Bedeutung der europäischen Perspektive
Die europäische Perspektive für die Staaten der betroffenen Region gilt auch als wichtigstes Kriterium für die Entwicklung der gesamten Region und somit für die Erhaltung des Friedens in Europa. Daher ist es politisch oft einfacher vom "Westbalkan" zu sprechen, will man diejenigen Staaten bezeichnen, die noch keine EU-Mitgliedsländer sind. Es empfiehlt sich aber in Zukunft eher den neutraleren und korrekteren Begriff Südosteuropa für alle Staaten dieser Region zu verwenden, oder die einzelnen Staaten jeweils gesondert zu benennen.

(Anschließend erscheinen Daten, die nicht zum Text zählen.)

-- ===== src/Bin/Walk.antt =====
-- The read position of databin.c: bin_rewind() and bin_getrec() walk over the records of a file.
use ic35link.Base.{
  ℕ, zero, suc, ◌≡◌, ◌≢◌, ◌⊎◌, refl, sym, ap, ◌∙◌, Option, none, some, List, [], ◌∷◌, ◌++◌,
  if◌then◌else◌, length, arith, Bool-cases, inl, inr, eq→==, ne→==, All, append_assoc,
  length-append, ◌<◌,
}
use ic35link.Bin.{Elmt, Bin, bin_rewind, behind, is_in_file, first_in_file, from, look, bin_getrec}

abbrev pub Others : ℕ → List Elmt → Type 0
Others at es = All (λ e. e.at ≢ at) es

-- No two elements of the list are at the same place.
abbrev pub IsDistinct : List Elmt → Type 0
IsDistinct [] = Unit
IsDistinct (e ∷ es) = Others e.at es × IsDistinct es

-- The records of a file, in the order of the list.
abbrev pub in_file : ℕ → List Elmt → List Elmt
in_file fileid [] = []
in_file fileid (e ∷ es) = if is_in_file fileid e then e ∷ in_file fileid es else in_file fileid es

-- A caller that asks for records of a file until there is none, at most `rounds` times.
abbrev collect_on :
    (Bin → Option (List Elmt × Bin)) → Option (Option Elmt × Bin) → Option (List Elmt × Bin)
collect_on next none = none
collect_on next (some (none, s)) = some ([], s)
collect_on next (some (some e, s)) = elim (next s) [
  | none ↦ none
  | some (es, s') ↦ some (e ∷ es, s')
]

abbrev pub collect : ℕ → ℕ → Bin → Option (List Elmt × Bin)
collect zero fileid s = none
collect (suc rounds) fileid s = collect_on (collect rounds fileid) (bin_getrec s fileid)

Others-split :
    (at : ℕ) (pre post : List Elmt) → Others at (pre ++ post) → Others at pre × Others at post
Others-split at [] post h = (tt, h)
Others-split at (e ∷ pre) post h = let (a, b) = Others-split at pre post h.1 in ((h.0, a), b)

IsDistinct-before :
    (pre post : List Elmt) (e : Elmt) → IsDistinct (pre ++ e ∷ post) → Others e.at pre
IsDistinct-before [] post e h = tt
IsDistinct-before (p ∷ pre) post e h =
    (λ q. (Others-split p.at pre (e ∷ post) h.0).1.0 (sym q), IsDistinct-before pre post e h.1)

behind_lem :
    (pre post : List Elmt) (e : Elmt) → Others e.at pre → behind e.at (pre ++ e ∷ post) ≡ some post
unfolding behind
behind_lem [] post e h = rw (eq→== e.at e.at refl)
behind_lem (p ∷ pre) post e h = rw (ne→== p.at e.at h.0) (behind_lem pre post e h.1)

-- What the search for a record of the file leaves behind it.
first_lem :
    (f : ℕ) (es : List Elmt)
    → ((first_in_file f es ≡ none) × (in_file f es ≡ []))
      ⊎ ((mid : List Elmt) × (e : Elmt) × (post : List Elmt) × (es ≡ mid ++ e ∷ post)
          × (first_in_file f es ≡ some e)
          × (in_file f es ≡ e ∷ in_file f post))
unfolding first_in_file
first_lem f [] = inl (refl, refl)
first_lem f (e ∷ es) = elim (Bool-cases (is_in_file f e)) [
  | inl t ↦ inr ([], e, es, refl, rw t refl, rw t refl)
  | inr n ↦ elim (first_lem f es) [
    | inl (a, b) ↦ inl (rw n a, rw n b)
    | inr (mid, e', post, q, a, b) ↦ inr (e ∷ mid, e', post, ap (◌∷◌ e) q, rw n a, rw n b)
  ]
]

abbrev at_list : List Elmt → Option ℕ → ℕ → Bin
at_list es get n = record { binlist = es; binget = get; next_at = n }

collect_lem :
    (k f n : ℕ) (get : Option ℕ) (pre rest : List Elmt)
    → IsDistinct (pre ++ rest)
    → from get (pre ++ rest) ≡ some rest
    → length rest < k
    → collect k f (at_list (pre ++ rest) get n)
      ≡ some (in_file f rest, at_list (pre ++ rest) none n)
unfolding bin_getrec look from
collect_lem zero f n get pre rest d e h = absurd (omega arith)
collect_lem (suc k) f n get pre rest d e h = elim (first_lem f rest) [
  | inl (a, b) ↦ rw (e, a, b) refl
  | inr (mid, x, post, q, a, b) ↦
      let here : List Elmt = pre ++ mid in
      let whole : pre ++ rest ≡ here ++ x ∷ post =
        ap (λ r. pre ++ r) q ∙ sym (append_assoc pre mid (x ∷ post)) in
      let d' : IsDistinct (here ++ x ∷ post) = rw (← whole) d in
      let split : (here ++ x ∷ []) ++ post ≡ here ++ x ∷ post = append_assoc here (x ∷ []) post in
      let next : collect k f (at_list (here ++ x ∷ post) (some x.at) n)
          ≡ some (in_file f post, at_list (here ++ x ∷ post) none n) =
        rw (← split) (
          collect_lem k f n (some x.at) (here ++ x ∷ []) post (rw split d')
            (rw split (behind_lem here post x (IsDistinct-before here post x d')))
            (omega (arith, ap length q, length-append mid (x ∷ post)))) in
      rw (e, a, b) (rw whole (rw next refl))
]

-- When no two elements are at the same place, a caller that rewinds and then asks for the records
-- of a file until there is none gets them all, each once, in the order of the list, and the list
-- is left rewound; no more calls are needed than there are elements, and one.
pub bin_getrec-in_file :
    (s : Bin) (fileid : ℕ)
    → IsDistinct s.binlist
    → collect (suc (length s.binlist)) fileid (bin_rewind s)
      ≡ some (in_file fileid s.binlist, bin_rewind s)
unfolding bin_rewind from
bin_getrec-in_file s fileid d =
    collect_lem (suc (length s.binlist)) fileid s.next_at none [] s.binlist d refl (omega arith)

Im Rahmen einer Annäherung an die Europäische Union wird oft auch die CEFTA (engl. Central European Free Trade Agreement) erwähnt. Dies ist eine Wirtschafts-Organisation, welche die Westbalkan-Staaten und diverse andere Staaten der Region (einschließlich Moldawien) umfassen wird. Sie soll politische Stabilität durch wirtschaftliche Zusammenschlüsse auf dem Balkan gewährleisten.